Article

Niamh Reed
Niamh Reed 17 October 2018

Social media and sentiment analysis: a match made in business heaven

Sentiment analysis and social media go together like bread and butter. Here’s how sentiment analysis can support your social media strategy.

There are more than three billion social media users globally. That’s a lot of people you could potentially reach with your social media strategy. Social media presents businesses with massive potential for business growth, positive brand perception, and great customer service.

But this potential is difficult to realise. Unfortunately, complaints, enquiries and even praise from consumers on social media aren’t always handled appropriately, if at all. As a result, many businesses fail at cultivating a positive brand reputation on these social channels.

This is where sentiment analysis comes into play. It helps businesses monitor their brand perception and give their social media presence a boost toward the positive.

What is sentiment analysis?

Sentiment analysis is the name for technology that senses tone and emotion behind the text we post online and send in messages. It works by looking for keywords in our posts that denote positivity (great, excellent, happy, relieved etc.) and negativity (bad, awful, waiting, broken etc.). It then quantifies each post as positive, negative, or neutral.

It’s young and can be fooled by sarcasm, but it’s still capable of giving a pretty good idea about how your customers feel about your brand, your business and your customer service.

The meaning behind the message

In a world where Facebook and Twitter never sleep, your customer service needs to be ready 24/7. With 78% of people who complain to a business on Twitter expecting a response within the hour, creating a positive customer experience on social media can benefit from all the help available.

But online messages can be tricky to get emotional meaning from. They don’t have facial or vocal cues to help, and when you’re on the clock, a wrong response might lead to a social media faux pas that can make a negative sentiment worse.

When sentiment analysis is added to the mix, however, it analyses each of these messages and gives them a sentiment score. This allows your messages and mentions to be automatically parsed by emotional context. In turn, this helps you make sure that each complaint, enquiry or positive comment on social media is responded to appropriately. Be that by a human agent, a chatbot, or automation software.

Public perception

The sentiment score of these social media mentions can also be analysed to show positive or negative feelings about the brand and business. And it can do this whether you have six mentions or 6,000.

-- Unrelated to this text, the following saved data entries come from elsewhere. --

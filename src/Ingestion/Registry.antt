-- ===== src/Ingestion/Registry.antt =====
-- backend/app/ingestion/registry.py. A row of the file is what `csv.DictReader` makes of it, a
-- dictionary by the columns; a field that is short is not there. The order of `_ROW_FIELDS`, a set, is
-- that of the columns here, and the repeated ids stand in an error in the order of the file.
pub mod Loaded
use production_rag_system.Prelude.{
  ℕ, ◌+◌, String, Bool, true, false, not, List, [], ◌∷◌, Option, none, some, Dict, lookup, insert,
  contains, filterb, if◌then◌else◌, decimal, concat,
}
use production_rag_system.Prelude.Text.{is_empty, strip, join}
use production_rag_system.Core.Result.{Result, ok, err}
use production_rag_system.Ingestion.Schemas.{
  DocStatus, registered, failed, SourceRow, IngestResult, IngestError, missing_columns,
  duplicate_doc_ids, DocumentRow, allowed_file_types, row_fields, required_source_columns,
}

abbrev pub or_empty : Option String → String
or_empty none = ""
or_empty (some s) = s

-- `(raw_row.get(c) or "").strip()`
unfoldable pub field : String → Dict String → String
unfolding strip
field c raw_row = strip (or_empty (lookup c raw_row))

-- What one row adds to the ids that were seen and to those that were seen before.
abbrev pub note_id : String → List String × List String → List String × List String
note_id doc_id (seen, duplicates) =
    if is_empty doc_id
    then (seen, duplicates)
    else (if contains seen doc_id then (seen, doc_id ∷ duplicates) else (doc_id ∷ seen, duplicates))

abbrev pub scan_ids : List (Dict String) → List String × List String → List String × List String
scan_ids [] s = s
scan_ids (r ∷ rs) s = scan_ids rs (note_id (field "doc_id" r) s)

abbrev pub quoted : List String → List String
quoted [] = []
quoted (s ∷ ss) = concat ("'" ∷ s ∷ "'" ∷ []) ∷ quoted ss

-- `f"{names}"` of a list
abbrev pub listed : List String → String
unfolding join
listed names = concat ("[" ∷ join ", " (quoted names) ∷ "]" ∷ [])

abbrev pub rejection : String → String → String → IngestResult
rejection doc_id file_type note = record {
  doc_id = doc_id;
  file_type = file_type;
  status = failed;
  is_scanned = false;
  page_count = none;
  block_count = 0;
  blocks_with_page_or_anchor = 0;
  version_drift = false;
  html_links_only_pdf = false;
  dead_url = false;
  note = some note;
}

abbrev pub missing_fields : Dict String → List String
missing_fields raw_row = filterb (λ c. is_empty (field c raw_row)) row_fields

abbrev pub or_row : String → ℕ → String
unfolding decimal
or_row doc_id i = if is_empty doc_id then concat ("<row-" ∷ decimal i ∷ ">" ∷ []) else doc_id

abbrev pub source_row : Dict String → SourceRow
source_row raw_row = record {
  doc_id = field "doc_id" raw_row;
  title = field "title" raw_row;
  source_org = field "source_org" raw_row;
  url = field "url" raw_row;
  file_type = field "file_type" raw_row;
  version_label = field "version_label" raw_row;
  notes = field "notes" raw_row;
}

-- The row with the number `i` of a line and with these fields missing: rejected with a note, or
-- accepted.
abbrev pub check_fields : ℕ → Dict String → List String → Result IngestResult SourceRow
unfolding decimal field join
check_fields i raw_row (c ∷ cs) = err (
    rejection (or_row (field "doc_id" raw_row) i) (field "file_type" raw_row)
      (concat ("row " ∷ decimal i ∷ ": missing required field(s) " ∷ listed (c ∷ cs) ∷ [])))
check_fields i raw_row [] =
    let file_type = field "file_type" raw_row in
    let allowed = listed ("docx" ∷ "html" ∷ "pdf" ∷ "pptx" ∷ "xlsx" ∷ []) in
    let note =
      concat ("row " ∷ decimal i ∷ ": file_type '" ∷ file_type ∷ "' not in " ∷ allowed ∷ []) in
    if contains allowed_file_types file_type
    then ok (source_row raw_row)
    else err (rejection (field "doc_id" raw_row) file_type note)

unfoldable pub check_row : ℕ → Dict String → Result IngestResult SourceRow
check_row i raw_row = check_fields i raw_row (missing_fields raw_row)

abbrev pub sorted_in :
    Result IngestResult SourceRow
    → List SourceRow × List IngestResult
    → List SourceRow × List IngestResult
sorted_in (ok row) (valid, rejected) = (row ∷ valid, rejected)
sorted_in (err res) (valid, rejected) = (valid, res ∷ rejected)

abbrev pub check_rows : ℕ → List (Dict String) → List SourceRow × List IngestResult
unfolding check_row
check_rows i [] = ([], [])
check_rows i (r ∷ rs) = sorted_in (check_row i r) (check_rows (i + 1) rs)

abbrev checked_ids :
    List String → List (Dict String) → Result IngestError (List SourceRow × List IngestResult)
checked_ids [] raw_rows = ok (check_rows 2 raw_rows)
checked_ids (d ∷ ds) raw_rows = err (duplicate_doc_ids (d ∷ ds))

abbrev checked_columns :
    List String → List (Dict String) → Result IngestError (List SourceRow × List IngestResult)
checked_columns [] raw_rows = checked_ids (scan_ids raw_rows ([], [])).1 raw_rows
checked_columns (c ∷ cs) raw_rows = err (missing_columns (c ∷ cs))

unfoldable pub load_sources :
    Option (List String)
    → List (Dict String)
    → Result IngestError (List SourceRow × List IngestResult)
load_sources none raw_rows = ok ([], [])
load_sources (some fieldnames) raw_rows =
    checked_columns (filterb (λ c. not (contains fieldnames c)) required_source_columns) raw_rows

-- `INSERT … ON CONFLICT (doc_id) DO UPDATE`: the values of a new row, and the refreshed columns of
-- one that is there.
abbrev pub new_document : SourceRow → DocumentRow
new_document row = record {
  doc_id = row.doc_id;
  title = row.title;
  source_org = row.source_org;
  url = row.url;
  file_type = row.file_type;
  version_label = row.version_label;
  downloaded_at = none;
  is_scanned = false;
  page_count = none;
  sha256 = none;
  status = registered;
  note = none;
}

abbrev pub refreshed : SourceRow → DocumentRow → DocumentRow
refreshed row d = record d {
  title = row.title;
  source_org = row.source_org;
  url = row.url;
  file_type = row.file_type;
  version_label = row.version_label;
}

abbrev pub upserted : SourceRow → Option DocumentRow → DocumentRow
upserted row none = new_document row
upserted row (some d) = refreshed row d

abbrev pub upsert_document : SourceRow → Dict DocumentRow → Dict DocumentRow
upsert_document row documents =
    insert row.doc_id (upserted row (lookup row.doc_id documents)) documents

unfoldable pub upsert_documents : List SourceRow → Dict DocumentRow → Dict DocumentRow
upsert_documents [] documents = documents
upsert_documents (row ∷ rows) documents = upsert_documents rows (upsert_document row documents)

This level of fine-tuned analysis offers an accurate overview of your public perception amongst social media users. This overview can be a quick snapshot of the current sentiment about your business. Or it could be an ongoing analysis that lets you track your brand perception over time. This means that you can watch how your brand perception evolves as your business grows.

Plus, using sentiment analysis at the right time, or on posts and mentions relating to targeted keywords, can indicate the effectiveness of your marketing campaigns. A positive or negative sentiment following a new marketing campaign will tell you what resonated well with social media users, and what didn’t.

Sentiment analysis on social media, then, will help you define part of your audience. It will help you refine your brand identity and voice. And you could gain a clearer understanding of your market. With this information, you can fine-tune your marketing.

Grow your presence

By using sentiment analysis to monitor your social media and improve your customer experience on platforms like Twitter and Facebook, you stand to gain brand awareness and increasing presence — helping your business grow. In fact, 71% of customers that have a good social media experience with a business are likely to recommend that brand to others. So, when you improve your social media experience, you stand to improve your brand awareness too.

The beauty, and the beast, of social networks for businesses is that responses to complaints are available to both current and future customers. When you have sentiment analysis on your side, you have something helping you ensure a great social media customer experience and a positive brand voice. So, handling customer service through a public platform changes from the bane of PR, to the perfect opportunity to transform complaints into a positive brand reputation exercise.

In other words, you can not only show off a great customer experience on social media, but demonstrate to prospective customers that your support (and so your business) is accessible and friendly.

Hand in hand

With sentiment analysis, your social media can tell you what people think of your brand as it grows. It can outline how well your latest marketing effort has been received, and it can provide a platform for you to show off your great customer service.

When sentiment analysis and social media are put together, the benefits to your business and brand perception make it clear; the two are a match made in business heaven.